TRY IT |
Could you set down all of the data again, exactly as it stands?

####################

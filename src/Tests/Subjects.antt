-- ===== src/Tests/Subjects.antt =====
-- The subjects of two sessions, and the mask of a key.
use herrscher_transport.Prelude.{◌≡◌, refl, some}
use herrscher_transport.Subjects.{session_events}
use herrscher_transport.Announce.{key_string, key_go_string, key_log_value}
use herrscher_transport.Tests.Announce.{secret}

events_of_a : session_events "a" ≡ "session.a.events"
unfolding session_events
events_of_a = refl

masked :
    (key_string (some secret) ≡ "transport.AnnounceKey(redacted)")
    × (key_go_string (some secret) ≡ key_string (some secret))
    × (key_log_value (λ s. s) (some secret) ≡ key_string (some secret))
masked = (refl, refl, refl)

####################

FINAL ANSWER |
filename src/Tests/Subjects.antt
-- ===== src/Tests/Subjects.antt =====
-- The subjects of two sessions, and the mask of a key.
use herrscher_transport.Prelude.{◌≡◌, refl, some}
use herrscher_transport.Subjects.{session_events}
use herrscher_transport.Announce.{key_string, key_go_string, key_log_value}
use herrscher_transport.Tests.Announce.{secret}

events_of_a : session_events "a" ≡ "session.a.events"
unfolding session_events
events_of_a = refl

masked :
    (key_string (some secret) ≡ "transport.AnnounceKey(redacted)")
    × (key_go_string (some secret) ≡ key_string (some secret))
    × (key_log_value (λ s. s) (some secret) ≡ key_string (some secret))
masked = (refl, refl, refl)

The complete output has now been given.